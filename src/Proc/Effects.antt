-- ===== src/Proc/Effects.antt =====
-- What `kill`, `setpriority` and the clock interrupt do to the table, on every branch.
use test_ascii.Common.{
  ℕ, ◌+◌, ◌^◌, ◌≡◌, ◌≢◌, refl, sym, ◌∙◌, ◌<◌, ◌≤◌, ◌⊎◌, inl, inr, some, none, false, arith,
  Bool-cases, Option-cases, u32, minus_one, slt, ◌||◌, ◌==◌, if◌then◌else◌, ap,
}
use mathlib.Core.Path.{fun_ext}
use test_ascii.Common.Arrays.{update, find_from, find_from-some, find_from-none}
use test_ascii.Proc.Types.{
  Table, Proc, unused, runnable, running, nproc, min_priority, max_priority, is_sleeping, is_unused,
}
use test_ascii.Proc.Sched.{yield}
use test_ascii.Proc.Signals.{
  find_pid, kill, kill_found, kill_slot, setpriority, setpriority_found, clock_tick,
}
use test_ascii.Proc.Life.{claim, find_unused}
use test_ascii.Proc.Step.{Reach}
use test_ascii.Proc.Inv.Reachable.{Reach-Inv}
use test_ascii.Proc.Inv.Make.{find_unused-some}

-- Slot `i` is the first with this pid.
pub record IsFirst (t : Table) (pid i : ℕ) : Type 0 where
  pub inside : i < nproc
  pub has_pid : (t.procs i).pid ≡ pid
  pub none_before : (j : ℕ) → j < i → (t.procs j).pid ≢ pid

find_pid-some : (t : Table) (pid i : ℕ) → find_pid pid t ≡ some i → IsFirst t pid i
unfolding find_pid
find_pid-some t pid i e =
    let (lo, hi, hit, first) = find_from-some (λ k. (t.procs k).pid == pid) nproc 0 i e in
    record {
      inside = omega arith;
      has_pid = ground arith;
      none_before = λ j p q. ground (arith, first j (omega arith) p);
    }

find_pid-none :
    (t : Table) (pid : ℕ) → find_pid pid t ≡ none → (j : ℕ) → j < nproc → (t.procs j).pid ≢ pid
unfolding find_pid
find_pid-none t pid e j p q =
    ground
      (arith, find_from-none (λ k. (t.procs k).pid == pid) nproc 0 e j (omega arith) (omega arith))

-- The first slot is found.
find_pid_of_IsFirst : (t : Table) (pid i : ℕ) → IsFirst t pid i → find_pid pid t ≡ some i
find_pid_of_IsFirst t pid i f = elim (Option-cases (find_pid pid t)) [
  | inl e ↦ absurd (find_pid-none t pid e i f.inside f.has_pid)
  | inr (k, e) ↦
      let g = find_pid-some t pid k e in
      let same : k ≡ i = ground (arith, g, f, g.none_before i, f.none_before k) in rw (e, same)
]

kill_slot_lem :
    (p : Proc)
    → kill_slot p
      ≡ record p { killed = 1; state = if is_sleeping p.state then runnable else p.state }
unfolding kill_slot
kill_slot_lem p = ground arith

-- `kill`: with no slot of this pid it returns -1 and changes nothing; otherwise it returns 0, the
-- first slot of this pid is marked killed and no longer sleeps, keeping its other fields, and all
-- other slots and the processors are as before.
pub kill_effect :
    (t : Table) (pid : ℕ)
    → ((((j : ℕ) → j < nproc → (t.procs j).pid ≢ pid) × (kill pid t ≡ (minus_one, t)))
        ⊎ ((i : ℕ) × IsFirst t pid i
            × (kill pid t ≡ (
              0,
              record t {
                procs = update t.procs i (record (t.procs i) {
                  killed = 1;
                  state = if is_sleeping (t.procs i).state then runnable else (t.procs i).state;
                });
              },
            ))))
unfolding kill kill_found
kill_effect t pid = elim (Option-cases (find_pid pid t)) [
  | inl e ↦ inl (find_pid-none t pid e, rw e)
  | inr (i, e) ↦ inr (
    i,
    find_pid-some t pid i e,
    rw e (ap (λ p. (0, record t { procs = update t.procs i p })) (kill_slot_lem (t.procs i))),
  )
]

-- `setpriority`: out of range (as a signed int) or with no slot of this pid it returns -1 and
-- changes nothing; otherwise it returns 0 and only the priority of the first slot of this pid
-- changes. In no case does any state change or any processor switch.
pub setpriority_effect :
    (t : Table) (pid priority : ℕ)
    → priority < 2 ^ 32
    → ((max_priority < priority) × (setpriority pid priority t ≡ (minus_one, t)))
      ⊎ (((j : ℕ) → j < nproc → (t.procs j).pid ≢ pid)
          × (setpriority pid priority t ≡ (minus_one, t)))
      ⊎ ((priority ≤ max_priority)
          × ((i : ℕ) × IsFirst t pid i
              × (setpriority pid priority t ≡ (
                0,
                record t { procs = update t.procs i (record (t.procs i) { priority = priority }) },
              ))))
unfolding setpriority setpriority_found
setpriority_effect t pid priority small =
    elim (Bool-cases (slt priority min_priority || slt max_priority priority)) [
      | inl out ↦ inl (ground arith, rw out)
      | inr ok ↦ inr (elim (Option-cases (find_pid pid t)) [
        | inl e ↦ inl (find_pid-none t pid e, rw (ok, e))
        | inr (i, e) ↦ inr (ground arith, (i, find_pid-some t pid i e, rw (ok, e)))
      ])
    ]

-- A tick of the clock that ends in a yield charges the running process of processor 0 two ticks:
-- one by the interrupt handler, one by the scheduler.
pub tick_charged_twice :
    (t : Table) (c : ℕ)
    → t.running_on 0 ≡ some c
    → (t.procs c).state ≡ running
    → (t.procs c).last_scheduled ≡ t.ticks
    → t.ticks ≢ 0
    → t.ticks + 1 < 2 ^ 32
    → ((yield 0 c (clock_tick t)).ticks ≡ t.ticks + 1)
      × (((yield 0 c (clock_tick t)).procs c).run_time ≡ u32 ((t.procs c).run_time + 2))
unfolding yield clock_tick
tick_charged_twice t c on r l nz small = rw on (ground arith)

find_unused_first :
    (t : Table) (i j : ℕ) → find_unused t ≡ some i → j < i → is_unused (t.procs j).state ≡ false
unfolding find_unused
find_unused_first t i j e p =
    (find_from-some (λ k. is_unused (t.procs k).state) nproc 0 i e).3 j (omega arith) p

find_unused-same :
    (t u : Table)
    → ((k : ℕ) → is_unused (t.procs k).state ≡ is_unused (u.procs k).state)
    → find_unused t ≡ find_unused u
unfolding find_unused
find_unused-same t u h = ap (λ test. find_from test nproc 0) (fun_ext h)

kill_found_unused :
    (t : Table) (i k : ℕ)
    → (t.procs i).state ≡ unused
    → is_unused (t.procs k).state ≡ is_unused (((kill_found (some i) t).1).procs k).state
unfolding kill_found kill_slot
kill_found_unused t i k e = ground arith

claim-killed : (t : Table) (i : ℕ) → ((claim i ((kill_found (some i) t).1)).procs i).killed ≡ 1
unfolding claim kill_found kill_slot
claim-killed t i = ground arith

-- `kill(0)` marks the slot that the next process will get, and that process is born killed: in a
-- reachable table whose first free slot has pid 0, as after boot or `wait`, the call returns 0,
-- `allocproc` then takes the slot that was marked, and leaves its `killed` at 1.
pub kill_zero :
    {t : Table} (i : ℕ)
    → Reach t
    → find_unused t ≡ some i
    → (t.procs i).pid ≡ 0
    → ((kill 0 t).0 ≡ 0)
      × (find_unused (kill 0 t).1 ≡ some i)
      × (((claim i (kill 0 t).1).procs i).killed ≡ 1)
unfolding kill
kill_zero {t} i r e z =
    let (lo, free) = find_unused-some t i e in
    let f : IsFirst t 0 i = record {
      inside = lo;
      has_pid = z;
      none_before = λ j p q. ground (arith, find_unused_first t i j e p, (Reach-Inv r).slots j);
    } in
    rw (find_pid_of_IsFirst t 0 i f) (
      unfold kill_found in refl,
      sym (find_unused-same t _ (λ k. kill_found_unused t i k free)) ∙ e,
      claim-killed t i,
    )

● **Your assignment**:
The records above should be copied out again in full, exactly as they appear.

● **Solution to the exercise**:
filename src/Proc/Effects.antt
-- ===== src/Proc/Effects.antt =====
-- What `kill`, `setpriority` and the clock interrupt do to the table, on every branch.
use test_ascii.Common.{
  ℕ, ◌+◌, ◌^◌, ◌≡◌, ◌≢◌, refl, sym, ◌∙◌, ◌<◌, ◌≤◌, ◌⊎◌, inl, inr, some, none, false, arith,
  Bool-cases, Option-cases, u32, minus_one, slt, ◌||◌, ◌==◌, if◌then◌else◌, ap,
}
use mathlib.Core.Path.{fun_ext}
use test_ascii.Common.Arrays.{update, find_from, find_from-some, find_from-none}
use test_ascii.Proc.Types.{
  Table, Proc, unused, runnable, running, nproc, min_priority, max_priority, is_sleeping, is_unused,
}
use test_ascii.Proc.Sched.{yield}
use test_ascii.Proc.Signals.{
  find_pid, kill, kill_found, kill_slot, setpriority, setpriority_found, clock_tick,
}
use test_ascii.Proc.Life.{claim, find_unused}
use test_ascii.Proc.Step.{Reach}
use test_ascii.Proc.Inv.Reachable.{Reach-Inv}
use test_ascii.Proc.Inv.Make.{find_unused-some}

-- Slot `i` is the first with this pid.
pub record IsFirst (t : Table) (pid i : ℕ) : Type 0 where
  pub inside : i < nproc
  pub has_pid : (t.procs i).pid ≡ pid
  pub none_before : (j : ℕ) → j < i → (t.procs j).pid ≢ pid

find_pid-some : (t : Table) (pid i : ℕ) → find_pid pid t ≡ some i → IsFirst t pid i
unfolding find_pid
find_pid-some t pid i e =
    let (lo, hi, hit, first) = find_from-some (λ k. (t.procs k).pid == pid) nproc 0 i e in
    record {
      inside = omega arith;
      has_pid = ground arith;
      none_before = λ j p q. ground (arith, first j (omega arith) p);
    }

find_pid-none :
    (t : Table) (pid : ℕ) → find_pid pid t ≡ none → (j : ℕ) → j < nproc → (t.procs j).pid ≢ pid
unfolding find_pid
find_pid-none t pid e j p q =
    ground
      (arith, find_from-none (λ k. (t.procs k).pid == pid) nproc 0 e j (omega arith) (omega arith))

-- The first slot is found.
find_pid_of_IsFirst : (t : Table) (pid i : ℕ) → IsFirst t pid i → find_pid pid t ≡ some i
find_pid_of_IsFirst t pid i f = elim (Option-cases (find_pid pid t)) [
  | inl e ↦ absurd (find_pid-none t pid e i f.inside f.has_pid)
  | inr (k, e) ↦
      let g = find_pid-some t pid k e in
      let same : k ≡ i = ground (arith, g, f, g.none_before i, f.none_before k) in rw (e, same)
]

kill_slot_lem :
    (p : Proc)
    → kill_slot p
      ≡ record p { killed = 1; state = if is_sleeping p.state then runnable else p.state }
unfolding kill_slot
kill_slot_lem p = ground arith

-- `kill`: with no slot of this pid it returns -1 and changes nothing; otherwise it returns 0, the
-- first slot of this pid is marked killed and no longer sleeps, keeping its other fields, and all
-- other slots and the processors are as before.
pub kill_effect :
    (t : Table) (pid : ℕ)
    → ((((j : ℕ) → j < nproc → (t.procs j).pid ≢ pid) × (kill pid t ≡ (minus_one, t)))
        ⊎ ((i : ℕ) × IsFirst t pid i
            × (kill pid t ≡ (
              0,
              record t {
                procs = update t.procs i (record (t.procs i) {
                  killed = 1;
                  state = if is_sleeping (t.procs i).state then runnable else (t.procs i).state;
                });
              },
            ))))
unfolding kill kill_found
kill_effect t pid = elim (Option-cases (find_pid pid t)) [
  | inl e ↦ inl (find_pid-none t pid e, rw e)
  | inr (i, e) ↦ inr (
    i,
    find_pid-some t pid i e,
    rw e (ap (λ p. (0, record t { procs = update t.procs i p })) (kill_slot_lem (t.procs i))),
  )
]

-- `setpriority`: out of range (as a signed int) or with no slot of this pid it returns -1 and
-- changes nothing; otherwise it returns 0 and only the priority of the first slot of this pid
-- changes. In no case does any state change or any processor switch.
pub setpriority_effect :
    (t : Table) (pid priority : ℕ)
    → priority < 2 ^ 32
    → ((max_priority < priority) × (setpriority pid priority t ≡ (minus_one, t)))
      ⊎ (((j : ℕ) → j < nproc → (t.procs j).pid ≢ pid)
          × (setpriority pid priority t ≡ (minus_one, t)))
      ⊎ ((priority ≤ max_priority)
          × ((i : ℕ) × IsFirst t pid i
              × (setpriority pid priority t ≡ (
                0,
                record t { procs = update t.procs i (record (t.procs i) { priority = priority }) },
              ))))
unfolding setpriority setpriority_found
setpriority_effect t pid priority small =
    elim (Bool-cases (slt priority min_priority || slt max_priority priority)) [
      | inl out ↦ inl (ground arith, rw out)
      | inr ok ↦ inr (elim (Option-cases (find_pid pid t)) [
        | inl e ↦ inl (find_pid-none t pid e, rw (ok, e))
        | inr (i, e) ↦ inr (ground arith, (i, find_pid-some t pid i e, rw (ok, e)))
      ])
    ]

-- A tick of the clock that ends in a yield charges the running process of processor 0 two ticks:
-- one by the interrupt handler, one by the scheduler.
pub tick_charged_twice :
    (t : Table) (c : ℕ)
    → t.running_on 0 ≡ some c
    → (t.procs c).state ≡ running
    → (t.procs c).last_scheduled ≡ t.ticks
    → t.ticks ≢ 0
    → t.ticks + 1 < 2 ^ 32
    → ((yield 0 c (clock_tick t)).ticks ≡ t.ticks + 1)
      × (((yield 0 c (clock_tick t)).procs c).run_time ≡ u32 ((t.procs c).run_time + 2))
unfolding yield clock_tick
tick_charged_twice t c on r l nz small = rw on (ground arith)

find_unused_first :
    (t : Table) (i j : ℕ) → find_unused t ≡ some i → j < i → is_unused (t.procs j).state ≡ false
unfolding find_unused
find_unused_first t i j e p =
    (find_from-some (λ k. is_unused (t.procs k).state) nproc 0 i e).3 j (omega arith) p

find_unused-same :
    (t u : Table)
    → ((k : ℕ) → is_unused (t.procs k).state ≡ is_unused (u.procs k).state)
    → find_unused t ≡ find_unused u
unfolding find_unused
find_unused-same t u h = ap (λ test. find_from test nproc 0) (fun_ext h)

kill_found_unused :
    (t : Table) (i k : ℕ)
    → (t.procs i).state ≡ unused
    → is_unused (t.procs k).state ≡ is_unused (((kill_found (some i) t).1).procs k).state
unfolding kill_found kill_slot
kill_found_unused t i k e = ground arith

claim-killed : (t : Table) (i : ℕ) → ((claim i ((kill_found (some i) t).1)).procs i).killed ≡ 1
unfolding claim kill_found kill_slot
claim-killed t i = ground arith

-- `kill(0)` marks the slot that the next process will get, and that process is born killed: in a
-- reachable table whose first free slot has pid 0, as after boot or `wait`, the call returns 0,
-- `allocproc` then takes the slot that was marked, and leaves its `killed` at 1.
pub kill_zero :
    {t : Table} (i : ℕ)
    → Reach t
    → find_unused t ≡ some i
    → (t.procs i).pid ≡ 0
    → ((kill 0 t).0 ≡ 0)
      × (find_unused (kill 0 t).1 ≡ some i)
      × (((claim i (kill 0 t).1).procs i).killed ≡ 1)
unfolding kill
kill_zero {t} i r e z =
    let (lo, free) = find_unused-some t i e in
    let f : IsFirst t 0 i = record {
      inside = lo;
      has_pid = z;
      none_before = λ j p q. ground (arith, find_unused_first t i j e p, (Reach-Inv r).slots j);
    } in
    rw (find_pid_of_IsFirst t 0 i f) (
      unfold kill_found in refl,
      sym (find_unused-same t _ (λ k. kill_found_unused t i k free)) ∙ e,
      claim-killed t i,
    )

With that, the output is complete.